-- EXERCISE INPUTS follows --
-- ===== src/Nw/Defs.antt =====
-- The state and the functions of mods_nw.c.
use motorola_external_greybu.Prelude.{
  ℕ, Bool, true, false, Option, none, some, List, [], ◌∷◌, ◌++◌, ◌==◌, ◌&&◌, not, if◌then◌else◌,
}
use motorola_external_greybu.Prelude.Errno.{Errno, success, einval, eexist, enodev, enoent, enomem}
use motorola_external_greybu.Prelude.Maps.{lookup, insert, erase, map_values}

-- `struct dest_entry`; `dev` is `none` for the null pointer of a new entry.
pub record Dest : Type 0 where
  pub dev : Option ℕ
  pub cport : ℕ
  pub protocol_id : ℕ
  pub protocol_valid : Bool
  pub filter : Bool

-- `struct cport_set`
pub record CportSet : Type 0 where
  pub dev : ℕ
  pub tree : List (ℕ × Dest)

-- `struct mods_nw_msg_filter`; `number` stands for its address, so for its handler too.
pub record Filter : Type 0 where
  pub number : ℕ
  pub protocol_id : ℕ
  pub type : ℕ
  pub initialized : Bool

-- `mods_nw_filters` and `nw_interfaces`
pub record Network : Type 0 where
  pub filters : List Filter
  pub interfaces : List (ℕ × CportSet)

-- `struct muc_msg`: the CPort of its header, the type in the operation header, and all else.
pub record Message : Type 0 where
  pub cport : ℕ
  pub type : ℕ
  pub rest : List ℕ

-- What a new entry holds after `kzalloc`.
abbrev pub empty_dest : Dest
empty_dest = record {
  dev = none;
  cport = 0;
  protocol_id = 0;
  protocol_valid = false;
  filter = false;
}

-- `_mods_nw_filter_present`
unfoldable pub filter_present : List Filter → ℕ → Bool
filter_present [] protocol = false
filter_present (f ∷ fs) protocol =
    if f.protocol_id == protocol then true else filter_present fs protocol

-- The search of `_mods_nw_apply_filter` for a filter on a protocol and a message type
unfoldable pub find_filter : List Filter → ℕ → ℕ → Option Filter
find_filter [] protocol type = none
find_filter (f ∷ fs) protocol type =
    if (f.protocol_id == protocol) && (f.type == type) then some f else find_filter fs protocol type

-- The entry for a CPort of an interface
unfoldable pub find_dest : Network → ℕ → ℕ → Option Dest
find_dest n intf cport = elim (lookup intf n.interfaces) [
  | none ↦ none
  | some set ↦ lookup cport set.tree
]

-- `mods_nw_get_dl_device`
unfoldable pub get_dl_device : Network → ℕ → Option ℕ
get_dl_device n intf_id = elim (lookup intf_id n.interfaces) [
  | none ↦ none
  | some set ↦ some set.dev
]

-- `mods_nw_add_dl_device` of a device that is not null; `alloc` is the outcome of its allocation.
unfoldable pub add_dl_device : Network → ℕ → ℕ → Bool → Network × Errno
add_dl_device n dev intf_id alloc = elim (lookup intf_id n.interfaces) [
  | some set ↦ (n, eexist)
  | none ↦
      if alloc
      then (
        record n { interfaces = insert intf_id (record { dev = dev; tree = [] }) n.interfaces },
        success,
      )
      else (n, enomem)
]

-- `mods_nw_del_dl_device`
unfoldable pub del_dl_device : Network → ℕ → Network
del_dl_device n intf_id = elim (lookup intf_id n.interfaces) [
  | none ↦ n
  | some set ↦ record n { interfaces = erase intf_id n.interfaces }
]

-- A change of one interface's tree; an interface that is not there stays away.
unfoldable pub with_tree : Network → ℕ → (List (ℕ × Dest) → List (ℕ × Dest)) → Network
with_tree n intf f = elim (lookup intf n.interfaces) [
  | none ↦ n
  | some set ↦ record n { interfaces = insert intf (record set { tree = f set.tree }) n.interfaces }
]

-- A change of one entry that is there.
unfoldable pub with_dest : Network → ℕ → ℕ → (Dest → Dest) → Network
with_dest n intf cport f =
    with_tree n intf
      (λ tree. elim (lookup cport tree) [ none ↦ tree | some d ↦ insert cport (f d) tree ])

-- The entry of a route's end, made if it is missing: the network, and whether it was allocated, or `none`
-- if the allocation failed.
unfoldable pub need_dest : Network → ℕ → ℕ → Bool → Option (Network × Bool)
need_dest n intf cport alloc = elim (find_dest n intf cport) [
  | some d ↦ some (n, false)
  | none ↦ if alloc then some (with_tree n intf (insert cport empty_dest), true) else none
]

-- The part of `cleanup` in `mods_nw_add_route` for one end.
unfoldable pub undo_dest : Network → ℕ → ℕ → Bool → Network
undo_dest n intf cport allocated = if allocated then with_tree n intf (erase cport) else n

-- The protocol and the filter flag that both ends of a route get.
abbrev pub with_protocol : ℕ → Bool → Dest → Dest
with_protocol protocol flag d = record d {
  protocol_valid = true;
  protocol_id = protocol;
  filter = flag;
}

-- `get_protocol dev` is the driver's function for the device, or `none` where it has none; it returns an
-- error or a protocol.
module _ (get_protocol : ℕ → Option (ℕ → Errno × ℕ)) where
  -- `mods_nw_add_route` from the point where both entries are there
  unfoldable pub join_route : Network → ℕ → ℕ → ℕ → ℕ → ℕ → ℕ → Bool → Bool → Network × Errno
  join_route n0 from_intf from_cport to_intf to_cport from_dev to_dev alloc_from alloc_to =
      let n =
        with_dest n0 from_intf from_cport (λ d. record d { cport = to_cport; dev = some to_dev }) in
      elim (get_protocol from_dev) [
        | none ↦ (n, success)
        | some get ↦ elim (get from_cport).0 [
          | success ↦
              let protocol = (get from_cport).1 in
              let flag = filter_present n.filters protocol in
              (
                with_dest (with_dest n from_intf from_cport (with_protocol protocol flag)) to_intf
                    to_cport (with_protocol protocol flag),
                success,
              )
          | _ ↦ (
            undo_dest (undo_dest n to_intf to_cport alloc_to) from_intf from_cport alloc_from,
            (get from_cport).0,
          )
        ]
      ]

  -- `mods_nw_add_route`; `alloc1` and `alloc2` are the outcomes of its two allocations.
  unfoldable pub add_route : Network → ℕ → ℕ → ℕ → ℕ → Bool → Bool → Network × Errno
  add_route n from_intf from_cport to_intf to_cport alloc1 alloc2 =
      elim (get_dl_device n from_intf) [
        | none ↦ (n, enodev)
        | some from_dev ↦ elim (get_dl_device n to_intf) [
          | none ↦ (n, enodev)
          | some to_dev ↦ elim (need_dest n from_intf from_cport alloc1) [
            | none ↦ (n, enomem)
            | some (n1, alloc_from) ↦ elim (need_dest n1 to_intf to_cport alloc2) [
              | none ↦ (undo_dest n1 from_intf from_cport alloc_from, enomem)
              | some (n2, alloc_to) ↦
                  join_route n2 from_intf from_cport to_intf to_cport from_dev to_dev alloc_from
                    alloc_to
            ]
          ]
        ]
      ]

-- `mods_nw_del_route`, which uses the first end only
unfoldable pub del_route : Network → ℕ → ℕ → Network
del_route n from_intf from_cport = with_tree n from_intf (erase from_cport)

-- `_set_filter`
unfoldable pub set_dest : ℕ → Bool → Dest → Dest
set_dest protocol value d =
    if d.protocol_valid && (d.protocol_id == protocol) then record d { filter = value } else d

unfoldable pub set_filter : Network → ℕ → Bool → Network
unfolding set_dest
set_filter n protocol value = record n {
  interfaces =
      map_values (λ set. record set { tree = map_values (set_dest protocol value) set.tree })
        n.interfaces;
}

-- `mods_nw_register_filter` of a filter that is not null: the network, the filter, and the result.
unfoldable pub register_filter : Network → Filter → Network × Filter × Errno
register_filter n f =
    if f.initialized then (n, f, success) else elim (find_filter n.filters f.protocol_id f.type) [
      | some g ↦ (n, f, eexist)
      | none ↦
          let g = record f { initialized = true } in
          let n' = record n { filters = n.filters ++ (g ∷ []) } in
          (
            if filter_present n.filters f.protocol_id then n' else set_filter n' f.protocol_id true,
            g,
            success,
          )
    ]

-- `list_del` of a filter
unfoldable pub drop_filter : ℕ → List Filter → List Filter
drop_filter number [] = []
drop_filter number (f ∷ fs) = if f.number == number then fs else f ∷ drop_filter number fs

-- `mods_nw_unregister_filter` of a filter that is not null
unfoldable pub unregister_filter : Network → Filter → Network × Filter
unregister_filter n f =
    if not f.initialized
    then (n, f)
    else let n' = record n { filters = drop_filter f.number n.filters } in
      (
        if filter_present n'.filters f.protocol_id then n' else set_filter n' f.protocol_id false,
        record f { initialized = false },
      )

-- A call that the switch makes: of a filter's handler, or of a device's `message_send`.
pub data Call : Type 0 where
  handler : Filter → ℕ → Message → Call
  send : ℕ → Message → Call

-- How `mods_nw_switch` ends: with a result and the calls that it made, or by reading through the null
-- pointer of an entry that has no device yet.
pub data Switched : Type 0 where
  returned : Errno → List Call → Switched
  null_pointer : Switched

-- What the handlers and the drivers answer.
module _ (handle : Filter → ℕ → Message → Errno) (message_send : ℕ → Message → Errno) where
  -- The result of the filter decides whether the message is sent on.
  unfoldable pub after_filter : Filter → ℕ → Message → Errno → Switched
  after_filter f dev m enoent = returned (message_send dev m) (handler f dev m ∷ send dev m ∷ [])
  after_filter f dev m e = returned e (handler f dev m ∷ [])

  -- `mods_nw_switch` once the entry is found, with `_mods_nw_apply_filter`
  unfoldable pub forward : Network → Dest → Message → Switched
  unfolding after_filter
  forward n d m0 = elim d.dev [
    | none ↦ null_pointer
    | some dev ↦
        let m = record m0 { cport = d.cport } in
        if d.filter
        then elim (find_filter n.filters d.protocol_id m.type) [
          | none ↦ returned (message_send dev m) (send dev m ∷ [])
          | some f ↦ after_filter f dev m (handle f dev m)
        ]
        else returned (message_send dev m) (send dev m ∷ [])
  ]

  -- `mods_nw_switch` from the device of an interface, with a message that is not null
  unfoldable pub switch : Network → ℕ → Message → Switched
  unfolding forward
  switch n intf m = elim (lookup intf n.interfaces) [
    | none ↦ returned einval []
    | some set ↦ elim (lookup m.cport set.tree) [
      | none ↦ returned enodev []
      | some d ↦ forward n d m
    ]
  ]

-- `mods_nw_find_dest_dl_device` from the device of an interface
unfoldable pub find_dest_dl_device : Network → ℕ → ℕ → Errno × Option ℕ
find_dest_dl_device n intf cport = elim (find_dest n intf cport) [
  | none ↦ (enodev, none)
  | some d ↦ (success, d.dev)
]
-- EXERCISE INPUTS concluded --
→ HOW TO COMPLETE THIS TASK
Show each line in the entries that holds the string "allocated".

→ ANSWER FOR THE TASK
-- The entry of a route's end, made if it is missing: the network, and whether it was allocated, or `none`
undo_dest n intf cport allocated = if allocated then with_tree n intf (erase cport) else n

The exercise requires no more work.